Retrieval-Augmented Generation (RAG)

RAG answers questions or completes tasks by retrieving relevant documents first, then generating with the model conditioned on those passages. It grounds answers in your data without baking everything into weights.

The basic pipeline

  1. Ingest documents from files, CMS, tickets, or tickets + PDFs.
  2. Chunk text into pieces that fit the embedding and context window budgets.
  3. Embed each chunk; store vectors with metadata (source ID, title, URL, permissions).
  4. Query — embed the user question; retrieve top-k neighbors.
  5. Generate — pass the question plus retrieved chunks to the LLM with citations or strict answer boundaries.
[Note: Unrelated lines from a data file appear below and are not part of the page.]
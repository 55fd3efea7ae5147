-- ===== src/Node/Committing.antt =====
-- Committing and applying (rsm/node.py, `advance_commit` and `apply_committed`).
pub mod Rule
pub mod Apply
pub mod Unchecked
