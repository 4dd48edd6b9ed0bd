-- ===== src/Protocol/BlockRound.antt =====
-- The round of a live block (src/protocol.rs): block_round, block_round_full, block_round_parent
-- and their guards. The LZ4 library's decoder (lz4_flex::block::decompress_size_prepended, `none`
-- for its error) is a parameter.
pub mod Agree
use hypersync.Prelude.{
  ℕ, suc, ◌+◌, ◌*◌, Bool, true, false, ◌&&◌, ◌||◌, not, Option, none, some, List, [], ◌∷◌, leb, ltb,
  if◌then◌else◌, length, drop, from_le_bytes,
}
use hypersync.Protocol.Lz4.{lz4_first_n}
use hypersync.Protocol.Scan.{find_block_round, find_block_round_parent, round_scan_bytes}

abbrev pub max_decompressed_block : ℕ
max_decompressed_block = 4_000_000

-- The declared size, in the first four bytes.
unfoldable pub declared_size_ok : List ℕ → Bool
declared_size_ok (b0 ∷ b1 ∷ b2 ∷ b3 ∷ _) = leb (from_le_bytes b0 b1 b2 b3) max_decompressed_block
declared_size_ok _ = false

module _ (decompress_size_prepended : List ℕ → Option (List ℕ)) where
  unfoldable pub decompress_block : List ℕ → Option (List ℕ)
  decompress_block payload =
      if not (declared_size_ok payload) then none else decompress_size_prepended payload

  unfoldable pub block_round_full : List ℕ → Option ℕ
  block_round_full payload = elim (decompress_block payload) [
    | none ↦ none
    | some dec ↦ find_block_round dec
  ]

  unfoldable pub block_round : List ℕ → Option ℕ
  block_round payload =
      if ltb (length payload) 5 || not (declared_size_ok payload)
      then block_round_full payload
      else elim (lz4_first_n (drop 4 payload) round_scan_bytes) [
        | some buf ↦ find_block_round buf
        | none ↦ block_round_full payload
      ]

  -- What is behind the bounded decode of block_round_parent.
  unfoldable pub block_round_parent_full : List ℕ → Option (ℕ × ℕ)
  block_round_parent_full payload = elim (decompress_block payload) [
    | none ↦ none
    | some dec ↦ find_block_round_parent dec
  ]

  unfoldable pub block_round_parent : List ℕ → Option (ℕ × ℕ)
  block_round_parent payload =
      if leb 5 (length payload) && declared_size_ok payload
      then elim (lz4_first_n (drop 4 payload) round_scan_bytes) [
        | some buf ↦ find_block_round_parent buf
        | none ↦ block_round_parent_full payload
      ]
      else block_round_parent_full payload
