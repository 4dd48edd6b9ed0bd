-- ===== src/Failover/Session/Classify.antt =====
-- Which frames are live blocks (src/failover/core.rs): classify and block_hash. The LZ4 library's
-- decoder and the per-process hashes of bytes (one for a decompressed block, one for a frame that
-- does not decompress) are parameters.
use hypersync.Prelude.{
  ℕ, ◌||◌, not, Option, none, some, List, leb, ◌==◌, if◌then◌else◌, length, drop, get_or,
}
use hypersync.Protocol.BlockRound.{decompress_block, block_round_parent}

module _ (decompress_size_prepended : List ℕ → Option (List ℕ))
    (hash_block hash_frame : List ℕ → ℕ) where
  unfoldable pub block_hash : List ℕ → ℕ
  block_hash bytes = elim (decompress_block decompress_size_prepended (drop 5 bytes)) [
    | some dec ↦ hash_block dec
    | none ↦ hash_frame bytes
  ]

  unfoldable pub classify : List ℕ → Option (ℕ × ℕ × ℕ)
  unfolding block_hash
  classify bytes =
      if leb (length bytes) 5 || not (get_or bytes 4 0 == 1)
      then none
      else elim (block_round_parent decompress_size_prepended (drop 5 bytes)) [
        | none ↦ none
        | some (round, parent) ↦ some (round, parent, block_hash bytes)
      ]
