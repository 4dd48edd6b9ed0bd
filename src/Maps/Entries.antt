-- ===== src/Maps/Entries.antt =====
-- A property of every entry of a map.
use hypersync.Prelude.{
  ℕ, ◌≡◌, inl, inr, ◌==◌, ltb, ==_iff, subst, Bool-cases, none, some, List, [], ◌∷◌, ◌++◌,
}
use hypersync.Maps.{lookup, remove, insert, put}

module _ {ℓ} {V : Type ℓ} (P : ℕ → V → Type 0) where
  abbrev pub AllEntries : List (ℕ × V) → Type 0
  AllEntries [] = Unit
  AllEntries ((k, v) ∷ m) = P k v × AllEntries m

  pub AllEntries-insert :
      (k : ℕ) (v : V) (m : List (ℕ × V)) → P k v → AllEntries m → AllEntries (insert k v m)
  unfolding insert
  AllEntries-insert k v [] p h = (p, tt)
  AllEntries-insert k v ((j, w) ∷ m) p h = elim (Bool-cases (k == j)) [
    | inl same ↦ rw same (p, h.1)
    | inr other ↦ elim (Bool-cases (ltb k j)) [
      | inl less ↦ rw (other, less) (p, h)
      | inr more ↦ rw (other, more) (h.0, AllEntries-insert k v m p h.1)
    ]
  ]

  pub AllEntries-put :
      (k : ℕ) (v : V) (m : List (ℕ × V)) → P k v → AllEntries m → AllEntries (put k v m)
  unfolding put
  AllEntries-put k v [] p h = (p, tt)
  AllEntries-put k v ((j, w) ∷ m) p h = elim (Bool-cases (j == k)) [
    | inl same ↦ rw same (p, h.1)
    | inr other ↦ rw other (h.0, AllEntries-put k v m p h.1)
  ]

  pub AllEntries-remove : (k : ℕ) (m : List (ℕ × V)) → AllEntries m → AllEntries (remove k m)
  unfolding remove
  AllEntries-remove k [] h = tt
  AllEntries-remove k ((j, w) ∷ m) h = elim (Bool-cases (j == k)) [
    | inl same ↦ rw same h.1
    | inr other ↦ rw other (h.0, AllEntries-remove k m h.1)
  ]

  pub AllEntries-init : (m : List (ℕ × V)) (e : ℕ × V) → AllEntries (m ++ e ∷ []) → AllEntries m
  AllEntries-init [] e h = tt
  AllEntries-init ((j, w) ∷ m) e h = (h.0, AllEntries-init m e h.1)

  pub lookup-AllEntries :
      (k : ℕ) (v : V) (m : List (ℕ × V)) → AllEntries m → lookup k m ≡ some v → P k v
  unfolding lookup
  lookup-AllEntries k v [] h e = absurd (none≢some e)
    where
      none≢some : none ≡ some v → ⊥
      none≢some = λ e. cc
  lookup-AllEntries k v ((j, w) ∷ m) h e = elim (Bool-cases (j == k)) [
    | inl same ↦
        subst (P k) (same_value (rw same at e)) (subst (λ i. P i w) ((==_iff j k).0 same) h.0)
    | inr other ↦ lookup-AllEntries k v m h.1 (rw other at e)
  ]
    where
      same_value : some w ≡ some v → w ≡ v
      same_value = λ e. cc
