-- ===== src/Failover/Session/Kept.antt =====
-- What a failover session keeps of its upstreams (src/failover/core.rs): buffers within their bounds,
-- and each block held under the round that its frame has.
use hypersync.Prelude.{
  ℕ, zero, suc, ◌-◌, ◌≡◌, refl, inl, inr, Bool, true, false, not, ◌&&◌, Option, none, some, List,
  [], ◌∷◌, length, leb, ◌==◌, max, if◌then◌else◌, Bool-cases, subst, ◌<◌, u32_max,
}
use hypersync.Prelude.Int.{ℤ, pos, ◌-ℤ◌}
use hypersync.Maps.{lookup, remove, put, pop_last}
use hypersync.Maps.Laws.{Popped, pop_last-Popped}
use hypersync.Maps.Entries.{
  AllEntries, AllEntries-insert, AllEntries-put, AllEntries-remove, AllEntries-init,
  lookup-AllEntries,
}
use hypersync.Failover.Upstream.{
  Ahead, Upstream, push_lead, compared, over_limits, trim_highest, insert_ahead, take_ahead,
  trim_low, trim_ahead,
}
use hypersync.Failover.Upstream.Held.{
  IsBounded, upstream_of, insert_ahead-IsBounded, take_ahead-IsBounded, trim_ahead-IsBounded,
}
use hypersync.Failover.Core.{
  Core, StandbyVerdict, ok, ms_since, settle, settle_all, settle_standbys, check_forwarded,
  record_forwarded, touch, on_active_block, on_standby_block,
}
use hypersync.Failover.Core.Bounds.{compared-IsBounded, last_rx-IsBounded}

module _ (classify : List ℕ → Option (ℕ × ℕ × ℕ)) where
  -- The frame of a held block has its round, parent and hash, and the round is not `u32::MAX`.
  abbrev pub Fits : ℕ → Ahead → Type 0
  Fits round a = (classify a.frame ≡ some (round, a.parent, a.hash)) × (round < u32_max)

  pub record IsKept (u : Upstream) : Type 0 where
    pub bounded : IsBounded u
    pub fitting : AllEntries Fits u.ahead

  abbrev pub AllKept : List (ℕ × Upstream) → Type 0
  AllKept = AllEntries (λ id u. IsKept u)

  compared-IsKept :
      (matched : Bool) (lead : ℤ) (u : Upstream) → IsKept u → IsKept (compared matched lead u).0
  unfolding compared push_lead
  compared-IsKept true lead u h = record {
    bounded = compared-IsBounded true lead u h.bounded;
    fitting = h.fitting;
  }
  compared-IsKept false lead u h = record {
    bounded = compared-IsBounded false lead u h.bounded;
    fitting = h.fitting;
  }

  trim_highest-Fits :
      (fuel : ℕ) (u : Upstream)
      → AllEntries Fits u.ahead
      → AllEntries Fits (trim_highest fuel u).ahead
  unfolding trim_highest
  trim_highest-Fits zero u h = h
  trim_highest-Fits (suc fuel) u h = elim (Bool-cases (over_limits u)) [
    | inl over ↦
        rw (over, trim_highest)
          (go (pop_last u.ahead) (pop_last-Popped u.ahead) (trim_highest-Fits fuel))
    | inr within ↦ rw (within, trim_highest) h
  ]
    where
      go :
          (o : Option ((ℕ × Ahead) × List (ℕ × Ahead)))
          → Popped u.ahead o
          → ((v : Upstream) → AllEntries Fits v.ahead → AllEntries Fits (trim_highest fuel v).ahead)
          → (let x : Upstream = elim o [
            | none ↦ u
            | some ((r, a), rest) ↦ trim_highest fuel (record u {
              ahead = rest;
              ahead_bytes = u.ahead_bytes - length a.frame;
              dropped_max = max u.dropped_max r;
            })
          ] in
              AllEntries Fits x.ahead)
      go none p ih = h
      go (some ((r, a), rest)) p ih =
          ih _ (AllEntries-init Fits rest (r, a) (subst (AllEntries Fits) p h))

  insert_ahead-IsKept :
      (r : ℕ) (a : Ahead) (u : Upstream) → Fits r a → IsKept u → IsKept (insert_ahead r a u)
  unfolding insert_ahead
  insert_ahead-IsKept r a u p h = record {
    bounded = insert_ahead-IsBounded r a u h.bounded.held;
    fitting = trim_highest-Fits _ _ (AllEntries-insert Fits r a u.ahead p h.fitting);
  }

  pub take_ahead-IsKept :
      (r : ℕ) (u : Upstream) → IsKept u → IsKept (upstream_of u (take_ahead r u))
  unfolding take_ahead
  take_ahead-IsKept r u h = record {
    bounded = take_ahead-IsBounded r u h.bounded;
    fitting = held (lookup r u.ahead);
  }
    where
      held :
          (o : Option Ahead)
          → AllEntries Fits
              (upstream_of u (elim o [
                | none ↦ none
                | some a ↦ some (
                  a,
                  record u {
                    ahead = remove r u.ahead;
                    ahead_bytes = u.ahead_bytes - length a.frame;
                  },
                )
              ])).ahead
      held none = h.fitting
      held (some a) = AllEntries-remove Fits r u.ahead h.fitting

  trim_low-Fits :
      (floor : ℕ) (m : List (ℕ × Ahead)) (bytes : ℕ)
      → AllEntries Fits m
      → AllEntries Fits (trim_low floor m bytes).0
  unfolding trim_low
  trim_low-Fits floor [] bytes h = tt
  trim_low-Fits floor ((r, a) ∷ m) bytes h = elim (Bool-cases (leb r floor)) [
    | inl old ↦ rw (old, trim_low) (trim_low-Fits floor m (bytes - length a.frame) h.1)
    | inr fresh ↦ rw (fresh, trim_low) h
  ]

  trim_ahead-IsKept : (floor : ℕ) (u : Upstream) → IsKept u → IsKept (trim_ahead floor u)
  unfolding trim_ahead
  trim_ahead-IsKept floor u h = record {
    bounded = (trim_ahead-IsBounded floor u h.bounded).0;
    fitting = trim_low-Fits floor u.ahead u.ahead_bytes h.fitting;
  }

  settle-IsKept :
      (floor round hash at : ℕ) (u : Upstream) → IsKept u → IsKept (settle floor round hash at u).0
  unfolding settle
  settle-IsKept floor round hash at u h = go (take_ahead round u) (take_ahead-IsKept round u h)
    where
      go :
          (o : Option (Ahead × Upstream))
          → IsKept (upstream_of u o)
          → (let v : Upstream × Bool = elim o [
            | none ↦ (u, false)
            | some (a, w) ↦ compared (a.hash == hash) (ms_since at a.at) w
          ] in
              IsKept (trim_ahead floor v.0))
      go none k = trim_ahead-IsKept floor u h
      go (some (a, w)) k =
          trim_ahead-IsKept floor (compared (a.hash == hash) (ms_since at a.at) w).0
            (compared-IsKept (a.hash == hash) (ms_since at a.at) w k)

  pub settle_all-AllKept :
      (active floor round hash at : ℕ) (m : List (ℕ × Upstream))
      → AllKept m
      → AllKept (settle_all active floor round hash at m).0
  unfolding settle_all
  settle_all-AllKept active floor round hash at [] h = tt
  settle_all-AllKept active floor round hash at ((id, u) ∷ m) h =
      let rest = settle_all-AllKept active floor round hash at m h.1 in
      elim (Bool-cases (id == active)) [
        | inl same ↦ rw same (h.0, rest)
        | inr other ↦ rw other (settle-IsKept floor round hash at u h.0, rest)
      ]

  last_rx-IsKept : (at : ℕ) (u : Upstream) → IsKept u → IsKept (record u { last_rx = some at })
  last_rx-IsKept at u h = record { bounded = last_rx-IsBounded at u h.bounded; fitting = h.fitting }

  touch-AllKept : (id at : ℕ) (c : Core) → AllKept c.ups → AllKept (touch id at c).ups
  unfolding touch
  touch-AllKept id at c h = go (lookup id c.ups) refl
    where
      go :
          (o : Option Upstream)
          → lookup id c.ups ≡ o
          → (let d : Core = elim o [
            | none ↦ c
            | some u ↦ record c { ups = put id (record u { last_rx = some at }) c.ups }
          ] in
              AllKept d.ups)
      go none e = h
      go (some u) e =
          AllEntries-put (λ id u. IsKept u) id (record u { last_rx = some at }) c.ups
            (last_rx-IsKept at u (lookup-AllEntries (λ id u. IsKept u) id u c.ups h e)) h

  pub on_active_block-AllKept :
      (round hash at : ℕ) (c : Core)
      → AllKept c.ups
      → AllKept (on_active_block round hash at c).0.ups
  unfolding on_active_block settle_standbys record_forwarded
  on_active_block-AllKept round hash at c h =
      let d : Core = touch c.active at c in
      let t = touch-AllKept c.active at c h in
      elim (Bool-cases (not (d.last_forwarded == 0) && leb round d.last_forwarded)) [
        | inl old ↦ rw old t
        | inr fresh ↦ rw fresh (settle_all-AllKept d.active round round hash at d.ups t)
      ]

  check_forwarded-IsKept :
      (o : Option (ℕ × ℕ)) (round hash at : ℕ) (u : Upstream)
      → IsKept u
      → IsKept (check_forwarded o round hash at u).0
  unfolding check_forwarded
  check_forwarded-IsKept none round hash at u h = h
  check_forwarded-IsKept (some (g, fat)) round hash at u h =
      compared-IsKept (g == hash) (pos 0 -ℤ ms_since at fat) u h

  -- The upstreams after a standby's block, whose frame has that round, parent and hash.
  pub on_standby_block-AllKept :
      (id round parent hash at : ℕ) (bytes : List ℕ) (c : Core)
      → (classify bytes ≡ some (round, parent, hash)) × (round < u32_max)
      → AllKept c.ups
      → AllKept (on_standby_block id round parent hash at bytes c).0.ups
  unfolding on_standby_block
  on_standby_block-AllKept id round parent hash at bytes c p h = go (lookup id c.ups) refl
    where
      seen : Upstream → Upstream
      seen u = record u { last_rx = some at }

      go :
          (o : Option Upstream)
          → lookup id c.ups ≡ o
          → AllKept (
              let x : Core × StandbyVerdict = elim o [
                | none ↦ (c, ok)
                | some u ↦
                    let v = record u { last_rx = some at } in
                    if leb round c.last_forwarded
                    then (let (w, verdict) =
                          check_forwarded (lookup round c.forwarded) round hash at v in
                        (record c { ups = put id w c.ups }, verdict))
                    else let a : Ahead = record {
                      parent = parent;
                      hash = hash;
                      at = at;
                      frame = bytes;
                    } in
                      (record c { ups = put id (insert_ahead round a v) c.ups }, ok)
              ] in
              x.0.ups)
      go none e = h
      go (some u) e =
          let k = last_rx-IsKept at u (lookup-AllEntries (λ id u. IsKept u) id u c.ups h e) in
          elim (Bool-cases (leb round c.last_forwarded)) [
            | inl old ↦ rw old (
                AllEntries-put (λ id u. IsKept u) id _ c.ups
                  (check_forwarded-IsKept (lookup round c.forwarded) round hash at (seen u) k) h)
            | inr fresh ↦
                let a : Ahead = record { parent = parent; hash = hash; at = at; frame = bytes } in
                rw fresh (
                  AllEntries-put (λ id u. IsKept u) id _ c.ups
                    (insert_ahead-IsKept round a (seen u) p k) h)
          ]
Why RAG instead of fine-tuning

ApproachBest when
RAGFacts change often; you need citations; cold start is fast
Fine-tuningBehavior or format is stable; you have clean, sizable labeled data

Most products start with RAG plus prompt engineering; fine-tune later if the base model resists your format.

Failure modes

  • Wrong chunk granularity — too small loses context; too large dilutes relevance.
  • Stale index — outdated docs stay retrieved until re-ingestion runs.
  • Permission leaks — if retrieval ignores ACLs, users see others' data. Filter by tenant and role at query time.

Key takeaways

  • RAG separates memory (your index) from reasoning (the LLM).
  • Ingestion, chunking, and metadata are as important as model choice.
  • Always enforce access control in the retrieval layer, not only in the UI.